## Action item
Your answer must be a single number: how many lines in the records include the word "bytes".

## Collected data

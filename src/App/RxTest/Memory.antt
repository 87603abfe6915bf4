-- ===== src/App/RxTest/Memory.antt =====
-- The memory that main_rx of userspace/io_client/src/client_test.c compares: the bytes that came, and
-- behind them those of its `memset`.
use streamio.Common.{
  ℕ, zero, suc, ◌+◌, ◌*◌, ◌%◌, ◌^◌, ◌<◌, ◌≤◌, ◌≡◌, refl, sym, ap, ◌∙◌, List, [], ◌∷◌, ◌++◌,
  append_assoc, length, length-append, length-replicate, length-drop, replicate, replicate-add,
  drop, from_le, arith,
}
use streamio.App.Validate.{pattern}
use streamio.App.RxTest.{test_size, words_of, RxAnswers}

-- The transfer's memory when it is compared.
abbrev pub memory : List ℕ → List ℕ
memory arrived = arrived ++ drop (length arrived) (replicate (4 * test_size) 254)

-- The words that are compared are those of the pattern.
abbrev pub Shows : RxAnswers → Type 0
Shows a = words_of test_size (memory a.arrived) ≡ pattern 0 test_size

drop-append_lt : (n : ℕ) (xs ys : List ℕ) → n ≤ length xs → drop n (xs ++ ys) ≡ drop n xs ++ ys
drop-append_lt zero xs ys h = refl
drop-append_lt (suc n) [] ys h = absurd (omega arith)
drop-append_lt (suc n) (x ∷ xs) ys h = drop-append_lt n xs ys (omega arith)

words_of-append :
    (n : ℕ) (xs ys : List ℕ) → length xs ≡ 4 * n → words_of n (xs ++ ys) ≡ words_of n xs
unfolding words_of
words_of-append zero xs ys h = refl
words_of-append (suc n) (a ∷ b ∷ c ∷ d ∷ xs) ys h =
    ap (◌∷◌ (from_le (a ∷ b ∷ c ∷ d ∷ []))) (words_of-append n xs ys (omega (arith, h)))
words_of-append (suc n) [] ys h = absurd (omega (arith, h))
words_of-append (suc n) (a ∷ []) ys h = absurd (omega (arith, h))
words_of-append (suc n) (a ∷ b ∷ []) ys h = absurd (omega (arith, h))
words_of-append (suc n) (a ∷ b ∷ c ∷ []) ys h = absurd (omega (arith, h))

pub length-words_of : (n : ℕ) (bytes : List ℕ) → length (words_of n bytes) ≡ n
unfolding words_of
length-words_of zero bytes = refl
length-words_of (suc n) bytes = ap suc (length-words_of n (drop 4 bytes))

length-memory :
    (arrived : List ℕ) → length arrived ≤ 4 * test_size → length (memory arrived) ≡ 4 * test_size
length-memory arrived h = omega (
  arith,
  length-append arrived (drop (length arrived) (replicate (4 * test_size) 254)),
  length-drop (length arrived) (replicate {A = ℕ} (4 * test_size) 254),
  length-replicate {A = ℕ} (4 * test_size) 254,
)

-- What lies behind the transfer's memory is not compared.
pub words_of-memory :
    (arrived rest : List ℕ)
    → length arrived ≤ 4 * test_size
    → words_of test_size (arrived ++ drop (length arrived) (replicate (4 * test_size) 254 ++ rest))
      ≡ words_of test_size (memory arrived)
words_of-memory arrived rest h =
    let ones : List ℕ = replicate (4 * test_size) 254 in
    let enough : length arrived ≤ length ones =
      omega (arith, h, length-replicate {A = ℕ} (4 * test_size) 254) in
    ap (λ x. words_of test_size (arrived ++ x)) (drop-append_lt (length arrived) ones rest enough)
    ∙ ap (words_of test_size) (sym (append_assoc arrived (drop (length arrived) ones) rest))
    ∙ words_of-append test_size (memory arrived) rest (length-memory arrived h)

-- Where the last byte is still 254 the last word is not that of the pattern.
last_word :
    (n i : ℕ) (front : List ℕ)
    → i + n < 2 ^ 20
    → length front ≡ 4 * n + 3
    → words_of (suc n) (front ++ (254 ∷ [])) ≡ pattern i (suc n)
    → ⊥
unfolding words_of from_le
last_word zero i (a ∷ b ∷ c ∷ []) small h e =
    let w : a + 256 * (b + 256 * (c + 256 * (254 + 256 * 0))) ≡ i * 2 % 2 ^ 32 = cc in
    omega (arith, w)
last_word zero i [] small h e = omega (arith, h)
last_word zero i (a ∷ []) small h e = omega (arith, h)
last_word zero i (a ∷ b ∷ []) small h e = omega (arith, h)
last_word zero i (a ∷ b ∷ c ∷ d ∷ front) small h e = omega (arith, h)
last_word (suc n) i (a ∷ b ∷ c ∷ d ∷ front) small h e =
    last_word n (i + 1) front (omega (arith, small)) (omega (arith, h)) (cc)
last_word (suc n) i [] small h e = omega (arith, h)
last_word (suc n) i (a ∷ []) small h e = omega (arith, h)
last_word (suc n) i (a ∷ b ∷ []) small h e = omega (arith, h)
last_word (suc n) i (a ∷ b ∷ c ∷ []) small h e = omega (arith, h)

-- If not all bytes of the packet came in time, the words are not those of the pattern.
pub incomplete_lem : (a : RxAnswers) → length a.arrived < 4 * test_size → Shows a → ⊥
incomplete_lem a h e =
    let fill : List ℕ = replicate 8191 254 in
    let front = a.arrived ++ drop (length a.arrived) fill in
    let enough : length a.arrived ≤ length fill =
      omega (arith, h, length-replicate {A = ℕ} 8191 254) in
    let split : memory a.arrived ≡ front ++ (254 ∷ []) =
      ap (λ x. a.arrived ++ drop (length a.arrived) x) (replicate-add {A = ℕ} 8191 1 254)
      ∙ ap (λ x. a.arrived ++ x) (drop-append_lt (length a.arrived) fill (254 ∷ []) enough)
      ∙ sym (append_assoc a.arrived (drop (length a.arrived) fill) (254 ∷ [])) in
    let long : length front ≡ 4 * 2047 + 3 = omega (
      arith,
      h,
      length-append a.arrived (drop (length a.arrived) fill),
      length-drop (length a.arrived) fill,
      length-replicate {A = ℕ} 8191 254,
    ) in
    last_word 2047 0 front (omega arith) long (ap (words_of test_size) (sym split) ∙ e)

## Solution for this task
5